> **Aim of the exercise**: Print, exactly and completely, every entry in the data.

> **Information**:
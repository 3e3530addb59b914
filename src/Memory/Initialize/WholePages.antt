-- ===== src/Memory/Initialize/WholePages.antt =====
-- Regions, modules and the kernel's image against whole pages.
use projeto_so.Base.{
  ℕ, zero, suc, ◌+◌, ◌*◌, ◌/◌, ◌%◌, ◌^◌, ◌≤◌, ◌<◌, ◌≡◌, ◌⊎◌, refl, inl, inr, arith, true, false,
  List, [], ◌∷◌, leb, Bool-cases,
}
use projeto_so.Memory.{page_size}
use projeto_so.Memory.Initialize.{Ram, dword, MemoryMap}
use projeto_so.Memory.Initialize.Ranges.{meets}
use projeto_so.Memory.Initialize.Regions.{frees, available, locks}

-- No byte of page `c` is one of `first`, …, `last`.
abbrev pub Apart : (first last c : ℕ) → Type 0
Apart first last c = (c * page_size + page_size ≤ first) ⊎ (last < c * page_size)

pub meets-Apart :
    (first last c : ℕ)
    → first % page_size ≡ 0
    → meets first (last + 1) c ≡ false
    → Apart first last c
meets-Apart first last c aligned e = elim (Bool-cases (leb (first / page_size) c)) [
  | inl from ↦ inr (ground (arith, e, from, aligned))
  | inr before ↦ inl (ground (arith, before, aligned))
]

pub Apart-meets :
    (first last c : ℕ)
    → first % page_size ≡ 0
    → Apart first last c
    → meets first (last + 1) c ≡ false
Apart-meets first last c aligned (inl before) = ground (arith, before, aligned)
Apart-meets first last c aligned (inr after) = ground (arith, after, aligned)

-- The whole page `c` lies in the region of an entry of type 1, an address having 64 bits.
abbrev pub Covers : MemoryMap → ℕ → Type 0
Covers e c =
    (e.kind ≡ 1)
    × (e.base_addr_high * 2 ^ 32 + e.base_addr_low ≤ c * page_size)
    × (c * page_size + page_size
        ≤ e.base_addr_high * 2 ^ 32 + e.base_addr_low + (e.length_high * 2 ^ 32 + e.length_low))

abbrev pub Covered : List MemoryMap → ℕ → Type 0
Covered [] c = ⊥
Covered (e ∷ entries) c = Covers e c ⊎ Covered entries c

-- A region below 4 GiB, of whole pages.
abbrev pub InPages : MemoryMap → Type 0
InPages e =
    (e.base_addr_high ≡ 0)
    × (e.length_high ≡ 0)
    × (e.base_addr_low % page_size ≡ 0)
    × (e.length_low % page_size ≡ 0)

abbrev pub AllInPages : List MemoryMap → Type 0
AllInPages [] = Unit
AllInPages (e ∷ entries) = InPages e × AllInPages entries

frees-Covers : (e : MemoryMap) (c : ℕ) → InPages e → frees e c ≡ true → Covers e c
frees-Covers e c (high, long, base, size) h = ground (arith, h)

Covers-frees : (e : MemoryMap) (c : ℕ) → InPages e → Covers e c → frees e c ≡ true
Covers-frees e c (high, long, base, size) (kind, low, room) = ground arith

pub available-Covered :
    (entries : List MemoryMap) (c : ℕ)
    → AllInPages entries
    → available entries c ≡ true
    → Covered entries c
available-Covered [] c fit h = cc
available-Covered (e ∷ entries) c (fit, others) h = elim (Bool-cases (frees e c)) [
  | inl this ↦ inl (frees-Covers e c fit this)
  | inr other ↦ inr (available-Covered entries c others (rw other at h))
]

pub Covered-available :
    (entries : List MemoryMap) (c : ℕ)
    → AllInPages entries
    → Covered entries c
    → available entries c ≡ true
Covered-available [] c fit h = absurd h
Covered-available (e ∷ entries) c (fit, others) (inl this) = rw (Covers-frees e c fit this) refl
Covered-available (e ∷ entries) c (fit, others) (inr other) = elim (Bool-cases (frees e c)) [
  | inl this ↦ rw this refl
  | inr not_this ↦ rw not_this (Covered-available entries c others other)
]

-- The modules `mod_idx` on: they start on page boundaries, and page `c` is none of theirs.
abbrev pub StartOnPages : (left mod_idx : ℕ) → Ram → (mods : ℕ) → Type 0
StartOnPages zero mod_idx ram mods = Unit
StartOnPages (suc n) mod_idx ram mods =
    (dword ram (mods + 16 * mod_idx) % page_size ≡ 0) × StartOnPages n (mod_idx + 1) ram mods

abbrev pub ModulesApart : (left mod_idx : ℕ) → Ram → (mods c : ℕ) → Type 0
ModulesApart zero mod_idx ram mods c = Unit
ModulesApart (suc n) mod_idx ram mods c =
    Apart (dword ram (mods + 16 * mod_idx)) (dword ram (mods + 16 * mod_idx + 4)) c
    × ModulesApart n (mod_idx + 1) ram mods c

pub locks-ModulesApart :
    (n mod_idx : ℕ) (ram : Ram) (mods c : ℕ)
    → StartOnPages n mod_idx ram mods
    → locks n mod_idx ram mods c ≡ false
    → ModulesApart n mod_idx ram mods c
locks-ModulesApart zero mod_idx ram mods c aligned h = tt
locks-ModulesApart (suc n) mod_idx ram mods c (aligned, others) h = (
  meets-Apart _ _ c aligned (ground (arith, h)),
  locks-ModulesApart n (mod_idx + 1) ram mods c others (ground (arith, h)),
)

pub ModulesApart-locks :
    (n mod_idx : ℕ) (ram : Ram) (mods c : ℕ)
    → StartOnPages n mod_idx ram mods
    → ModulesApart n mod_idx ram mods c
    → locks n mod_idx ram mods c ≡ false
ModulesApart-locks zero mod_idx ram mods c aligned h = refl
ModulesApart-locks (suc n) mod_idx ram mods c (aligned, others) (this, rest) =
    rw (Apart-meets _ _ c aligned this) (ModulesApart-locks n (mod_idx + 1) ram mods c others rest)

> **Output of the exercise**:
repository 3e3530addb59b914
filename src/Memory/Initialize/WholePages.antt
-- ===== src/Memory/Initialize/WholePages.antt =====
-- Regions, modules and the kernel's image against whole pages.
use projeto_so.Base.{
  ℕ, zero, suc, ◌+◌, ◌*◌, ◌/◌, ◌%◌, ◌^◌, ◌≤◌, ◌<◌, ◌≡◌, ◌⊎◌, refl, inl, inr, arith, true, false,
  List, [], ◌∷◌, leb, Bool-cases,
}
use projeto_so.Memory.{page_size}
use projeto_so.Memory.Initialize.{Ram, dword, MemoryMap}
use projeto_so.Memory.Initialize.Ranges.{meets}
use projeto_so.Memory.Initialize.Regions.{frees, available, locks}

-- No byte of page `c` is one of `first`, …, `last`.
abbrev pub Apart : (first last c : ℕ) → Type 0
Apart first last c = (c * page_size + page_size ≤ first) ⊎ (last < c * page_size)

pub meets-Apart :
    (first last c : ℕ)
    → first % page_size ≡ 0
    → meets first (last + 1) c ≡ false
    → Apart first last c
meets-Apart first last c aligned e = elim (Bool-cases (leb (first / page_size) c)) [
  | inl from ↦ inr (ground (arith, e, from, aligned))
  | inr before ↦ inl (ground (arith, before, aligned))
]

pub Apart-meets :
    (first last c : ℕ)
    → first % page_size ≡ 0
    → Apart first last c
    → meets first (last + 1) c ≡ false
Apart-meets first last c aligned (inl before) = ground (arith, before, aligned)
Apart-meets first last c aligned (inr after) = ground (arith, after, aligned)

-- The whole page `c` lies in the region of an entry of type 1, an address having 64 bits.
abbrev pub Covers : MemoryMap → ℕ → Type 0
Covers e c =
    (e.kind ≡ 1)
    × (e.base_addr_high * 2 ^ 32 + e.base_addr_low ≤ c * page_size)
    × (c * page_size + page_size
        ≤ e.base_addr_high * 2 ^ 32 + e.base_addr_low + (e.length_high * 2 ^ 32 + e.length_low))

abbrev pub Covered : List MemoryMap → ℕ → Type 0
Covered [] c = ⊥
Covered (e ∷ entries) c = Covers e c ⊎ Covered entries c

-- A region below 4 GiB, of whole pages.
abbrev pub InPages : MemoryMap → Type 0
InPages e =
    (e.base_addr_high ≡ 0)
    × (e.length_high ≡ 0)
    × (e.base_addr_low % page_size ≡ 0)
    × (e.length_low % page_size ≡ 0)

abbrev pub AllInPages : List MemoryMap → Type 0
AllInPages [] = Unit
AllInPages (e ∷ entries) = InPages e × AllInPages entries

frees-Covers : (e : MemoryMap) (c : ℕ) → InPages e → frees e c ≡ true → Covers e c
frees-Covers e c (high, long, base, size) h = ground (arith, h)

Covers-frees : (e : MemoryMap) (c : ℕ) → InPages e → Covers e c → frees e c ≡ true
Covers-frees e c (high, long, base, size) (kind, low, room) = ground arith

pub available-Covered :
    (entries : List MemoryMap) (c : ℕ)
    → AllInPages entries
    → available entries c ≡ true
    → Covered entries c
available-Covered [] c fit h = cc
available-Covered (e ∷ entries) c (fit, others) h = elim (Bool-cases (frees e c)) [
  | inl this ↦ inl (frees-Covers e c fit this)
  | inr other ↦ inr (available-Covered entries c others (rw other at h))
]

pub Covered-available :
    (entries : List MemoryMap) (c : ℕ)
    → AllInPages entries
    → Covered entries c
    → available entries c ≡ true
Covered-available [] c fit h = absurd h
Covered-available (e ∷ entries) c (fit, others) (inl this) = rw (Covers-frees e c fit this) refl
Covered-available (e ∷ entries) c (fit, others) (inr other) = elim (Bool-cases (frees e c)) [
  | inl this ↦ rw this refl
  | inr not_this ↦ rw not_this (Covered-available entries c others other)
]

-- The modules `mod_idx` on: they start on page boundaries, and page `c` is none of theirs.
abbrev pub StartOnPages : (left mod_idx : ℕ) → Ram → (mods : ℕ) → Type 0
StartOnPages zero mod_idx ram mods = Unit
StartOnPages (suc n) mod_idx ram mods =
    (dword ram (mods + 16 * mod_idx) % page_size ≡ 0) × StartOnPages n (mod_idx + 1) ram mods

abbrev pub ModulesApart : (left mod_idx : ℕ) → Ram → (mods c : ℕ) → Type 0
ModulesApart zero mod_idx ram mods c = Unit
ModulesApart (suc n) mod_idx ram mods c =
    Apart (dword ram (mods + 16 * mod_idx)) (dword ram (mods + 16 * mod_idx + 4)) c
    × ModulesApart n (mod_idx + 1) ram mods c

pub locks-ModulesApart :
    (n mod_idx : ℕ) (ram : Ram) (mods c : ℕ)
    → StartOnPages n mod_idx ram mods
    → locks n mod_idx ram mods c ≡ false
    → ModulesApart n mod_idx ram mods c
locks-ModulesApart zero mod_idx ram mods c aligned h = tt
locks-ModulesApart (suc n) mod_idx ram mods c (aligned, others) h = (
  meets-Apart _ _ c aligned (ground (arith, h)),
  locks-ModulesApart n (mod_idx + 1) ram mods c others (ground (arith, h)),
)

pub ModulesApart-locks :
    (n mod_idx : ℕ) (ram : Ram) (mods c : ℕ)
    → StartOnPages n mod_idx ram mods
    → ModulesApart n mod_idx ram mods c
    → locks n mod_idx ram mods c ≡ false
ModulesApart-locks zero mod_idx ram mods c aligned h = refl
ModulesApart-locks (suc n) mod_idx ram mods c (aligned, others) (this, rest) =
    rw (Apart-meets _ _ c aligned this) (ModulesApart-locks n (mod_idx + 1) ram mods c others rest)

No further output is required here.